3. Contrats complets avec collaborateurs et freelances. Toute personne ayant contribué au produit doit avoir signé un accord work-for-hire. Des contrats manquants ou datés rétroactivement sont un fréquent deal-breaker. Des versions de contrats horodatées excluent les litiges ultérieurs sur les contenus contractuels.

4. Préparations de brevets traçables. Pour les deep-tech et les logiciels, les investisseurs vérifient si la startup a pris des dispositions préalables en matière de brevets. Même si aucun brevet n'est déposé, des descriptions techniques scellées de l'approche de l'invention centrale renforcent la position de négociation face aux trolls de brevets et aux concurrents.

5. Absence de litiges IP non résolus. Un litige IP en cours ou potentiel — même s'il semble infondé — est pour de nombreux investisseurs un signal d'arrêt immédiat. Un audit IP propre, soutenu par des documents horodatés, donne aux investisseurs l'assurance qu'il n'existe pas de passifs cachés.

Pourquoi un horodatage certifié est décisif

La loi suisse ZertES (RS 943.03) et le règlement européen eIDAS (art. 41) accordent aux horodatages électroniques qualifiés une présomption légale : le moment est présumé correct et l'intégrité du fichier est présumée intacte — jusqu'à preuve du contraire.

Pour une startup, cela signifie : un horodatage Swiss Trust Layer sur le premier commit de l'algorithme central constitue une preuve de première classe devant les tribunaux suisses et de l'UE. La partie adverse doit prouver que l'horodatage est faux — pas vous prouver qu'il est correct.

Swisscom Trust Services, le prestataire de certification derrière Swiss Trust Layer, est à la fois ZDA accrédité ZertES et PSCO qualifié eIDAS sur la liste de confiance de l'UE. Un seul document couvre les tribunaux suisses et les 27 États membres de l'UE.

Ce que les startups doivent sceller

Pas chaque fichier a besoin d'un horodatage — mais les bons fichiers, absolument :

  • Notes conceptuelles et pitch decks (première version, avant les conversations avec les investisseurs)
  • Designs UI/UX (avant transmission à des agences ou freelances)
  • Dépôts de code (commits initiaux du produit central)
  • Spécifications techniques et plans d'architecture
  • Données et modèles de recherche (particulièrement pertinent pour les deep-tech et startups IA)
  • Documents préparatoires aux brevets (avant dépôt à l'IPI)
  • Présentations pour les investisseurs, partenaires, autorités
  • Contrats avec freelances et développeurs externes

Le processus : cinq minutes, protection à vie

1. Uploader le fichier : Tout format est accepté. Le fichier ne quitte pas votre contrôle — seule l'empreinte cryptographique est traitée.

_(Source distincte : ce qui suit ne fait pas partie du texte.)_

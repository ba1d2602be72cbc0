-- ===== src/Threads.antt =====
-- The threads of the agent (agente_c/src/main.c starts them) that run the calls of
-- agente_c/src/resource_manager.c at the same time. A call is a program: locks, unlocks and accesses to the
-- state of the manager, in the order of the code. The threads take turns at every one of these.
pub mod Calls
pub mod Handlers
pub mod Building
pub mod Alone
pub mod Guarded
pub mod Ordered
pub mod Deadlock
pub mod Exclusion
pub mod Finished
pub mod Kept
use tp_sist_op.Prelude.{
  ℕ, ◌+◌, ◌<◌, Bool, true, false, List, [], ◌∷◌, ◌≡◌, ◌==◌, ◌||◌, if◌then◌else◌, map, All,
}
use tp_sist_op.ResourceTypes.{Resource, resource_eq}
use tp_sist_op.Manager.{ResourceManager}

-- `manager.tabla.lock`, the mutex of each resource, those of `conns` and `tabla_nodos`, and the
-- `write_mutex` of each connection.
pub data Lock : Type 0 where
  tabla : Lock
  recurso : Resource → Lock
  conns : Lock
  nodos : Lock
  write : ℕ → Lock

unfoldable pub lock_eq : Lock → Lock → Bool
unfolding resource_eq
lock_eq tabla tabla = true
lock_eq (recurso t) (recurso u) = resource_eq t u
lock_eq conns conns = true
lock_eq nodos nodos = true
lock_eq (write c) (write d) = c == d
lock_eq _ _ = false

-- `access f k` changes the state by `f`, and goes on as what it read of the state says.
pub data Prog : Type 0 where
  done : Prog
  lock : Lock → Prog → Prog
  unlock : Lock → Prog → Prog
  access : (ResourceManager → ResourceManager) → (ResourceManager → Prog) → Prog

-- The program alone: no other thread takes a turn, and every lock is free.
unfoldable pub alone : Prog → ResourceManager → ResourceManager
alone done m = m
alone (lock l p) m = alone p m
alone (unlock l p) m = alone p m
alone (access f k) m = alone (k m) (f m)

unfoldable pub holds : Lock → List Lock → Bool
unfolding lock_eq
holds l [] = false
holds l (h ∷ held) = lock_eq l h || holds l held

unfoldable pub give_up_lock : Lock → List Lock → List Lock
unfolding lock_eq
give_up_lock l [] = []
give_up_lock l (h ∷ held) = if lock_eq l h then held else h ∷ give_up_lock l held

-- The locks that a thread holds, the last one first, and what it has still to do.
pub data Thread : Type 0 where
  at : List Lock → Prog → Thread

unfoldable pub held_by : Thread → List Lock
held_by (at held p) = held

unfoldable pub rest_of : Thread → Prog
rest_of (at held p) = p

unfoldable pub is_free : Lock → List Thread → Bool
unfolding holds held_by
is_free l [] = true
is_free l (th ∷ ths) = if holds l (held_by th) then false else is_free l ths

-- One turn of a thread, among all the threads, from the state `m`: `pthread_mutex_lock` waits until
-- nobody has the lock.
pub data Turn (m : ResourceManager) (all : List Thread)
    : Thread → ResourceManager → Thread → Type 0 where
  locks :
      {l : Lock} {p : Prog} {held : List Lock}
      → is_free l all ≡ true
      → Turn m all (at held (lock l p)) m (at (l ∷ held) p)
  unlocks :
      {l : Lock} {p : Prog} {held : List Lock}
      → Turn m all (at held (unlock l p)) m (at (give_up_lock l held) p)
  accesses :
      {f : ResourceManager → ResourceManager} {k : ResourceManager → Prog} {held : List Lock}
      → Turn m all (at held (access f k)) (f m) (at held (k m))

-- A turn of one of the threads.
pub data Step (m : ResourceManager) (all : List Thread)
    : List Thread → ResourceManager → List Thread → Type 0 where
  here :
      {th th' : Thread} {ths : List Thread} {m' : ResourceManager}
      → Turn m all th m' th'
      → Step m all (th ∷ ths) m' (th' ∷ ths)
  there :
      {th : Thread} {ths ths' : List Thread} {m' : ResourceManager}
      → Step m all ths m' ths'
      → Step m all (th ∷ ths) m' (th ∷ ths')

-- The threads start with these programs and no lock.
unfoldable pub started : List Prog → List Thread
started [] = []
started (p ∷ ps) = at [] p ∷ started ps

pub data Reach (m : ResourceManager) (ths : List Thread)
    : ResourceManager → List Thread → Type 0 where
  start : Reach m ths m ths
  later :
      {m' m'' : ResourceManager} {ths' ths'' : List Thread}
      → Reach m ths m' ths'
      → Step m' ths' ths' m'' ths''
      → Reach m ths m'' ths''

-- Every thread has done all that it had to do.
abbrev pub AllDone : List Thread → Type 0
AllDone = All (λ th. rest_of th ≡ done)
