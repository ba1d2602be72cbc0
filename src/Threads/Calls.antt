-- ===== src/Threads/Calls.antt =====
-- The operations of agente_c/src/resource_manager.c and agente_c/src/tabla_jobs.c as programs, each
-- followed by the program `k`.
use tp_sist_op.Prelude.{
  ℕ, zero, suc, Bool, List, [], ◌∷◌, Option, none, some, if◌then◌else◌, length,
}
use tp_sist_op.Prelude.Int.{ℤ}
use tp_sist_op.ResourceTypes.{Resource, cpu, mem, gpu}
use tp_sist_op.Queue.{
  ColaPendingRequest, PendingRequest, Origin, queue_delete_by_conn, queue_delete_by_job_id,
}
use tp_sist_op.Jobs.{
  Allocation, Job, Result, Message, is_local_granted, is_remote, tabla_jobs_cambio_alloc,
  tabla_jobs_verificar, tabla_jobs_extract_by_id,
}
use tp_sist_op.Conns.{tabla_conns_lookup}
use tp_sist_op.Manager.{
  ResourceManager, Dest, erlang_local, agente_remoto, recurso, set_recurso, send_message,
  reserve_resource, can_serve, take_off, accepts, give_back, with_cola,
}
use tp_sist_op.Threads.{Lock, Prog, lock, unlock, access}

-- A read of the state.
abbrev pub look : (ResourceManager → Prog) → Prog
look = access (λ m. m)

-- `if (take_lock) pthread_mutex_lock(&manager.tabla.lock)`, and the unlock.
unfoldable pub lock_tabla_if : Bool → Prog → Prog
lock_tabla_if take_lock k = if take_lock then lock Lock.tabla k else k

unfoldable pub unlock_tabla_if : Bool → Prog → Prog
unlock_tabla_if take_lock k = if take_lock then unlock Lock.tabla k else k

-- `send_message`: `enqueue_write` takes the `write_mutex` of the connection.
unfoldable pub send_message_prog : ℕ → Dest → Message → Prog → Prog
send_message_prog conn dest msg k =
    lock (Lock.write conn) (access (send_message conn dest msg) (λ _. unlock (Lock.write conn) k))

unfoldable pub reserve_resource_prog : Resource → ℤ → ℤ → ℕ → Origin → (Result → Prog) → Prog
reserve_resource_prog tipo amount job_id conn origen k = lock (Lock.recurso tipo) (
    access (λ m. (reserve_resource tipo amount job_id conn origen m).0)
      (λ m. unlock (Lock.recurso tipo) (k (reserve_resource tipo amount job_id conn origen m).1)))

-- The body of the loop of `release_resource` behind `available_amount -= pending->amount`.
unfoldable pub notify_prog : Resource → PendingRequest → Prog → Prog
notify_prog tipo pending k =
    let id = pending.job_id in
    let c = pending.owner_conn in
    access (λ m. record m { tabla = tabla_jobs_cambio_alloc m.tabla id c tipo })
      (λ _. elim pending.origen [
        | Origin.remote ↦ send_message_prog c agente_remoto (Message.grant id) k
        | Origin.local ↦ look (λ m.
            if tabla_jobs_verificar m.tabla id
            then send_message_prog c erlang_local (Message.job_granted id) k
            else k)
      ])

unfoldable pub serve_top_prog : Resource → Prog → Prog
serve_top_prog tipo k =
    access (λ m. set_recurso tipo (take_off (recurso tipo m)).0 m)
      (λ m. elim (take_off (recurso tipo m)).1 [
        | none ↦ k
        | some pending ↦ notify_prog tipo pending k
      ])

unfoldable pub serve_prog : ℕ → Resource → Prog → Prog
serve_prog zero tipo k = k
serve_prog (suc fuel) tipo k =
    look
      (λ m. if can_serve (recurso tipo m) then serve_top_prog tipo (serve_prog fuel tipo k) else k)

unfoldable pub release_resource_prog : Resource → ℤ → Bool → Prog → Prog
release_resource_prog tipo amount take_lock k =
    let leave = unlock (Lock.recurso tipo) (unlock_tabla_if take_lock k) in
    lock_tabla_if take_lock (
      lock (Lock.recurso tipo) (
        look (λ m.
          if accepts (recurso tipo m) amount
          then access (λ s. set_recurso tipo (give_back (recurso tipo s) amount) s)
              (λ s. serve_prog (length (recurso tipo s).cola.nodes) tipo leave)
          else leave)))

-- Each queue in turn, under its own mutex.
unfoldable pub clean_prog : (ColaPendingRequest → ColaPendingRequest) → Resource → Prog → Prog
clean_prog f tipo k = lock (Lock.recurso tipo) (
    access (λ m. set_recurso tipo (with_cola f (recurso tipo m)) m)
      (λ _. unlock (Lock.recurso tipo) k))

unfoldable pub limpiar_colas_prog : (ColaPendingRequest → ColaPendingRequest) → Prog → Prog
limpiar_colas_prog f k = clean_prog f cpu (clean_prog f mem (clean_prog f gpu k))

unfoldable pub limpiar_colas_por_id_prog : ℤ → Prog → Prog
limpiar_colas_por_id_prog job_id = limpiar_colas_prog (λ c. queue_delete_by_job_id c job_id)

unfoldable pub limpiar_colas_por_conn_prog : ℕ → Prog → Prog
limpiar_colas_por_conn_prog conn = limpiar_colas_prog (λ c. queue_delete_by_conn c conn)

-- `tabla_conns_lookup`, under the mutex of the table.
unfoldable pub lookup_prog : List ℕ → (Option ℕ → Prog) → Prog
lookup_prog ip k =
    lock Lock.conns (look (λ m. unlock Lock.conns (k (tabla_conns_lookup m.conns ip))))

unfoldable pub release_remote_prog : ℤ → Allocation → Prog → Prog
release_remote_prog job_id all k = lookup_prog all.ip (elim [
  | none ↦ k
  | some remote ↦
      send_message_prog remote agente_remoto (Message.release job_id all.name all.amount) k
])

unfoldable pub drop_alloc_prog : ℤ → Bool → Allocation → Prog → Prog
drop_alloc_prog job_id take_lock all k =
    if is_local_granted all
    then release_resource_prog all.name all.amount take_lock k
    else if is_remote all
    then release_remote_prog job_id all k
    else k

unfoldable pub drop_allocs_prog : ℤ → Bool → List Allocation → Prog → Prog
drop_allocs_prog job_id take_lock [] k = k
drop_allocs_prog job_id take_lock (all ∷ sig) k =
    drop_alloc_prog job_id take_lock all (drop_allocs_prog job_id take_lock sig k)

-- The allocations of the job that the walk unlinked.
unfoldable pub allocations_of : Option Job → List Allocation
allocations_of none = []
allocations_of (some job) = job.confirmadas

-- Unlinks the job of this id.
unfoldable pub unlink_by_id : ℤ → ResourceManager → ResourceManager
unlink_by_id job_id m = record m { tabla = (tabla_jobs_extract_by_id m.tabla job_id).0 }

-- The callers pass the same value for `take_lock` and `take_lock_reserve`.
unfoldable pub tabla_jobs_remove_prog : ℤ → Bool → Prog → Prog
tabla_jobs_remove_prog job_id take_lock k = lock_tabla_if take_lock (
    access (unlink_by_id job_id) (λ m. unlock_tabla_if take_lock (
      drop_allocs_prog job_id take_lock (allocations_of (tabla_jobs_extract_by_id m.tabla job_id).1)
        k)))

2. Recevoir l'horodatage : Swiss Trust Layer transmet l'empreinte via Swisscom Trust Services et reçoit un horodatage conforme à ZertES et eIDAS.

3. Sécuriser le certificat : Vous recevez un certificat PAdES avec empreinte, horodatage, émetteur et identité. Stockez-le avec le fichier original.

4. Documenter en continu : Scellez à chaque étape importante. Une chaîne de versions se constitue — déterminante pour les processus de due diligence.

5. Offrir la validation : N'importe quel investisseur peut vérifier vos sceaux sur swisstrustlayer.com/validate — sans compte, sans connexion.

Questions fréquentes des fondateurs

"Nous avons tout sur GitHub — n'est-ce pas suffisant ?"

Les commits Git sont modifiables et n'ont pas d'ancrage de certification externe. Les journaux GitHub ne sont pas une preuve recevable devant un tribunal. Un horodatage Swiss Trust Layer sur un snapshot du repository, en revanche, est utilisable en justice.

"Notre avocat dit que les NDA suffisent."

Les NDA régissent la confidentialité, pas les droits de propriété. Un NDA ne prouve pas quand quelque chose a été développé ni à qui cela appartient. Horodatages et NDA se complètent — ils ne se remplacent pas.

"Nous sommes encore trop tôt pour ces processus."

C'est l'inverse qui est vrai. Plus tôt vous documentez, plus votre position est solide. La plupart des litiges IP concernent précisément cette phase précoce où les équipes de startups expérimentent, recrutent des freelances et partagent des idées avec des partenaires potentiels.